Момент, который здесь скрывается, был (в скрытом виде) горящим очагом или горячей точкой, тиглем рождения других философских идей, или новых философских идей, и точкой постоянного неудовлетворения в нашей культуре неопозитивизмом. В чем же дело? Имеются язык (теория), опыт и промежуточная интерпретация. Дело в том, что всякая традиционная философия, начиная с Античности и включая классическую философию Нового времени, кроме вопросов, посредством которых она анализировала язык науки, язык познания или структуру познания (в терминах анализа категорий, познавательных форм, в терминах выяснения, как познавательные категории и формы соотносятся с опытными данными, — все это классические вопросы теории), занималась еще онтологическими вопросами. В неопозитивистской конструкции мы соединяем опыт, даваемый нам независимым актом мира (который, во-первых, не есть акт нашего изобретения, во-вторых, это такой акт, который мы не можем отменить), с теорией, языком, который мы изобретаем, но, изобретая его, мы изобретаем лишь тавтологии или логические истины, которые ничего не утверждают о мире (в этом смысле они априорны). Так вот, очевидно возникает такой вопрос: откуда к нам приходят данные? Что происходит в актах мира, который дает нам данные? Неопозитивизм попытался фактически жить в мире без онтологии. <…> Классика спрашивает: что происходит там, в мире, когда приходит к нам то, что мы называем опытными данными? Эти вопросы называются онтологическими или метафизическими вопросами. И это для философии очень существенно, потому что философия всегда стремилась поместить человека внутрь мира, из которого к нему приходят данности.

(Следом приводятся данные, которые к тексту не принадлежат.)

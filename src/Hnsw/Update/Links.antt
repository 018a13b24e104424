-- ===== src/Hnsw/Update/Links.antt =====
-- The graph through an insert: every edge keeps ending in a node of its level.
use gvector.Prelude.{
  ℕ, zero, suc, ◌+◌, ◌-◌, ◌≤◌, min, ◌≡◌, refl, ◌∙◌, ◌⊎◌, inl, inr, some, List, [], ◌∷◌, ◌++◌, map,
  arith, ltb, leb, eqb, leb→le, Bool-cases, length, All, nat_key, string_key,
}
use gvector.Types.{F32}
use gvector.Distance.{F32Ops}
use gvector.Hnsw.{HnswIndex, levels_at, neighbors_at, set_neighbors, vector_at}
use gvector.Hnsw.Layer.{search_layer}
use gvector.Hnsw.Layer.Found.{HasLevel, IsClosed, IsHit}
use gvector.Hnsw.Layer.Results.{search_layer-IsHit}
use gvector.Hnsw.Neighbors.{select_neighbors_heuristic, shrink_links}
use gvector.Hnsw.Neighbors.Select.{snoc_All, select_neighbors-All, All-slots}
use gvector.Hnsw.Neighbors.Links.{
  SameHeights, All-heights, All-weaken, height-set, length-set_neighbors, set_neighbors-IsClosed,
  shrink_links-IsClosed,
}
use gvector.Hnsw.Query.{plain, descend}
use gvector.Hnsw.Query.Descend.{Descends, descend-HasLevel}
use gvector.Hnsw.Update.{count_down_to, connect, connect_all, link_levels, link_from}

-- What an insert's edges leave of a graph.
abbrev pub Kept : {R : Type 0} → HnswIndex R → HnswIndex R → Type 0
Kept idx' idx =
    IsClosed idx'.links × SameHeights idx'.links idx.links × (length idx'.links ≡ length idx.links)

pub Kept-trans : {R : Type 0} (a b c : HnswIndex R) → Kept a b → Kept b c → Kept a c
Kept-trans a b c (p, same, e) (q, same', e') = (p, (λ s. same s ∙ same' s), e ∙ e')

count_down_to-Descends : (low high h : ℕ) → high ≤ h → Descends h (count_down_to low high)
unfolding count_down_to
count_down_to-Descends low zero h l = elim (Bool-cases (eqb low 0)) [
  | inl q ↦ rw q (l, tt)
  | inr q ↦ rw q tt
]
count_down_to-Descends low (suc high) h l = elim (Bool-cases (leb low (suc high))) [
  | inl q ↦ rw q (l, count_down_to-Descends low high (suc high) (omega arith))
  | inr q ↦ rw q tt
]

count_down_to-All : (low high : ℕ) → All (λ n. low ≤ n) (count_down_to low high)
unfolding count_down_to
count_down_to-All low zero = elim (Bool-cases (eqb low 0)) [
  | inl q ↦ rw q (ground arith, tt)
  | inr q ↦ rw q tt
]
count_down_to-All low (suc high) = elim (Bool-cases (leb low (suc high))) [
  | inl q ↦ rw q (leb→le low (suc high) q, count_down_to-All low high)
  | inr q ↦ rw q tt
]

module _ (ops : F32Ops) {R : Type 0} where
  connect-Kept :
      (slot lc nb : ℕ) (idx : HnswIndex R)
      → IsClosed idx.links
      → HasLevel idx.links lc slot
      → HasLevel idx.links lc nb
      → Kept (connect ops slot lc nb idx) idx
  unfolding connect
  connect-Kept slot lc nb idx closed at_slot at_nb =
      let out = neighbors_at idx.links slot lc ++ (nb ∷ []) in
      let there = set_neighbors idx.links slot lc out in
      let closed_there = set_neighbors-IsClosed idx.links slot lc out closed (
        snoc_All (HasLevel idx.links lc) (neighbors_at idx.links slot lc) nb (closed slot lc)
          at_nb) in
      let back = neighbors_at there nb lc ++ (slot ∷ []) in
      let both = set_neighbors there nb lc back in
      let closed_both = set_neighbors-IsClosed there nb lc back closed_there (
        snoc_All (HasLevel there lc) (neighbors_at there nb lc) slot (closed_there nb lc)
          (omega (arith, height-set idx.links slot lc out slot))) in
      let (closed', same, len) =
        shrink_links-IsClosed ops (record idx { links = both }) nb lc closed_both in
      (
        closed',
        (λ s. same s ∙ height-set there nb lc back s ∙ height-set idx.links slot lc out s),
        len ∙ length-set_neighbors there nb lc back ∙ length-set_neighbors idx.links slot lc out,
      )

  connect_all-Kept :
      (slot lc : ℕ) (nbs : List ℕ) (idx : HnswIndex R)
      → IsClosed idx.links
      → HasLevel idx.links lc slot
      → All (HasLevel idx.links lc) nbs
      → Kept (connect_all ops slot lc nbs idx) idx
  unfolding connect_all
  connect_all-Kept slot lc [] idx closed at_slot h = (closed, (λ s. refl), refl)
  connect_all-Kept slot lc (nb ∷ nbs) idx closed at_slot (h, hs) =
      let next = connect ops slot lc nb idx in
      let kept = connect-Kept slot lc nb idx closed at_slot h in
      Kept-trans (connect_all ops slot lc nbs next) next idx
        (connect_all-Kept slot lc nbs next kept.0 (omega (arith, kept.1 slot))
          (All-heights next.links idx.links lc nbs kept.1 hs))
        kept

  link_levels-Kept :
      (slot : ℕ) (query : List F32) (levels eps : List ℕ) (h : ℕ) (idx : HnswIndex R)
      → IsClosed idx.links
      → Descends h levels
      → HasLevel idx.links h slot
      → All (HasLevel idx.links h) eps
      → Kept (link_levels ops slot query levels eps idx) idx
  unfolding link_levels
  link_levels-Kept slot query [] eps h idx closed d at_slot p = (closed, (λ s. refl), refl)
  link_levels-Kept slot query (lc ∷ levels) eps h idx closed (d, ds) at_slot p =
      let ask = plain query idx.params.ef_construction lc in
      let found = (search_layer ops idx ask eps).0 in
      let lower =
        All-weaken (HasLevel idx.links h) (HasLevel idx.links lc) eps (λ s q. omega arith) p in
      let (hits, _, _, _) = search_layer-IsHit ops idx ask eps closed lower in
      let places =
        All-weaken (IsHit ops idx ask) (λ c. HasLevel idx.links lc c.slot) found (λ c q. q.0)
          hits in
      let nbs = select_neighbors_heuristic ops idx found idx.params.m in
      let next = connect_all ops slot lc nbs idx in
      let kept =
        connect_all-Kept slot lc nbs idx closed (omega arith)
          (select_neighbors-All ops idx idx.params.m (HasLevel idx.links lc) found places) in
      Kept-trans (link_levels ops slot query levels (map (λ c. c.slot) found) next) next idx
        (link_levels-Kept slot query levels (map (λ c. c.slot) found) lc next kept.0 ds
          (omega (arith, kept.1 slot))
          (All-heights next.links idx.links lc (map (λ c. c.slot) found) kept.1
            (All-slots (HasLevel idx.links lc) found places)))
        kept

  entry-connect_all :
      (slot lc : ℕ) (nbs : List ℕ) (idx : HnswIndex R)
      → (connect_all ops slot lc nbs idx).entry ≡ idx.entry
  unfolding connect_all connect shrink_links
  entry-connect_all slot lc [] idx = refl
  entry-connect_all slot lc (nb ∷ nbs) idx =
      entry-connect_all slot lc nbs (connect ops slot lc nb idx) ∙ ground arith

  entry-link_levels :
      (slot : ℕ) (query : List F32) (levels eps : List ℕ) (idx : HnswIndex R)
      → (link_levels ops slot query levels eps idx).entry ≡ idx.entry
  unfolding link_levels
  entry-link_levels slot query [] eps idx = refl
  entry-link_levels slot query (lc ∷ levels) eps idx =
      let found = (search_layer ops idx (plain query idx.params.ef_construction lc) eps).0 in
      let nbs = select_neighbors_heuristic ops idx found idx.params.m in
      entry-link_levels slot query levels (map (λ c. c.slot) found)
        (connect_all ops slot lc nbs idx)
      ∙ entry-connect_all slot lc nbs idx

  pub link_from-Kept :
      (slot level entry : ℕ) (idx : HnswIndex R)
      → IsClosed idx.links
      → HasLevel idx.links level slot
      → HasLevel idx.links 0 entry
      → Kept (link_from ops slot level entry idx) idx
        × (((link_from ops slot level entry idx).entry ≡ some slot)
            ⊎ ((link_from ops slot level entry idx).entry ≡ idx.entry))
  unfolding link_from
  link_from-Kept slot level entry idx closed at_slot at_entry =
      let query = vector_at idx slot in
      let top = length (levels_at idx.links entry) - 1 in
      let h = min level top in
      let upper = count_down_to (level + 1) top in
      let ep = descend ops idx query upper entry in
      let place : HasLevel idx.links h ep =
        descend-HasLevel ops idx query upper top h entry closed
          (count_down_to-Descends (level + 1) top top (omega arith))
          (All-weaken (λ n. level + 1 ≤ n) (λ n. h ≤ n) upper (λ n l. omega arith)
            (count_down_to-All (level + 1) top))
          (omega arith) (omega arith) in
      let kept =
        link_levels-Kept slot query (count_down_to 0 h) (ep ∷ []) h idx closed
          (count_down_to-Descends 0 h h (omega arith)) (omega arith) (place, tt) in
      elim (Bool-cases (ltb top level)) [
        | inl q ↦ rw q (kept, inl refl)
        | inr q ↦ rw q (kept, inr (entry-link_levels slot query (count_down_to 0 h) (ep ∷ []) idx))
      ]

Повторяю, философская машина крутилась вокруг этого вопроса, который я называл в другой связи вопросом онтологической укорененности человека, от которой зависят все последующие философские мировоззренческие вопросы: каков мир, каков человек, каковы возможности человека в этом мире? Люди решали эти вопросы. А на уровне эпистемологии, или теории логики науки, это имеет внешне техническую формулировку, а именно: данные — хорошо, их можно обрабатывать, можно задать правила обработки данных, соотнесения их с языком теории или, наоборот, соотнесения языка теории с данными, но неужели мы стоим перед фактически хаотическим миром, из которого мы воспринимаем впечатления, не имея права задавать вопрос, что стоит за впечатлениями, в смысле, что происходит в мире, актами которого мы имеем какие-то данности? Каково место человека в мире за данностями? Отсюда, скажем, в классической философии была рефлексивная процедура особой обработки сознательных данностей.
Ведь чем отличается декартовская философия от неопозитивизма? В обеих употреблялось слово «данность», то есть говорилось о слое данных сознания. Неопозитивисты обрабатывают данности сознания, как будто они получены таким образом: мы сидим внутри (не снаружи) черного ящика, и на входе мы что-то получаем; задать вопрос, что стоит за полученным нами на входе, мы не имеем права. Мы задаем вопрос лишь о том, каково содержание данностей и по каким правилам оно может быть соотнесено с теоретическими элементами. А Декарт, будучи очень тонким онтологом и метафизиком, использует наблюдение тех актов сознания, в которых мы ухватываем самих себя в качестве наблюдающих какую-либо данность, то есть в качестве людей, живущих одновременно в области чистого сознания. Что такое «я сознаю себя в качестве наблюдающего что-то»? Я ведь не наблюдающее сознаю, а ухватываю себя в акте наблюдения или восприятия предмета.
Отсюда в классической философии был переход к миру, относительно которого можно задавать онтологические вопросы, то есть вопросы о том, что совершается внутри мира, актами которого мы получаем то, что называем данностью. И отсюда вопрос, есть ли там порядок или нет, занимает ли человек в мире какое-нибудь место или не занимает? Неопозитивизм в этом смысле отражает онтологическую растерянность и выбитость человека. Он предлагает заниматься такими вопросами, которыми можно заниматься, не имея ответа на вопрос, упорядочен ли мир сам по себе и занимает ли человек в нем такое место, что он может этот мир понимать и познавать. Что именно мы можем, не задавая таких вопросов, имея лишь данности и язык и соединяя эти две вещи? Последующая эволюция неопозитивизма была возвращением онтологических вопросов. Я назову, скажем, Поппера, Фейерабенда, Лакатоса, Куна и десяток других людей, которые этими (…)
Лекция 24
Наши занятия подходят к концу. У меня осталось только три занятия или меньше и две темы, и я хочу рассказать (очень пестро) о современной социально-утопической мысли и о современной метафизике. Сегодня займемся социально-утопической мыслью. Я буду ее рассматривать и поясню, почему я ее рассматриваю как некоторого рода социальную алхимию, и при этом еще поясню, в каком смысле я здесь применяю термин «алхимия».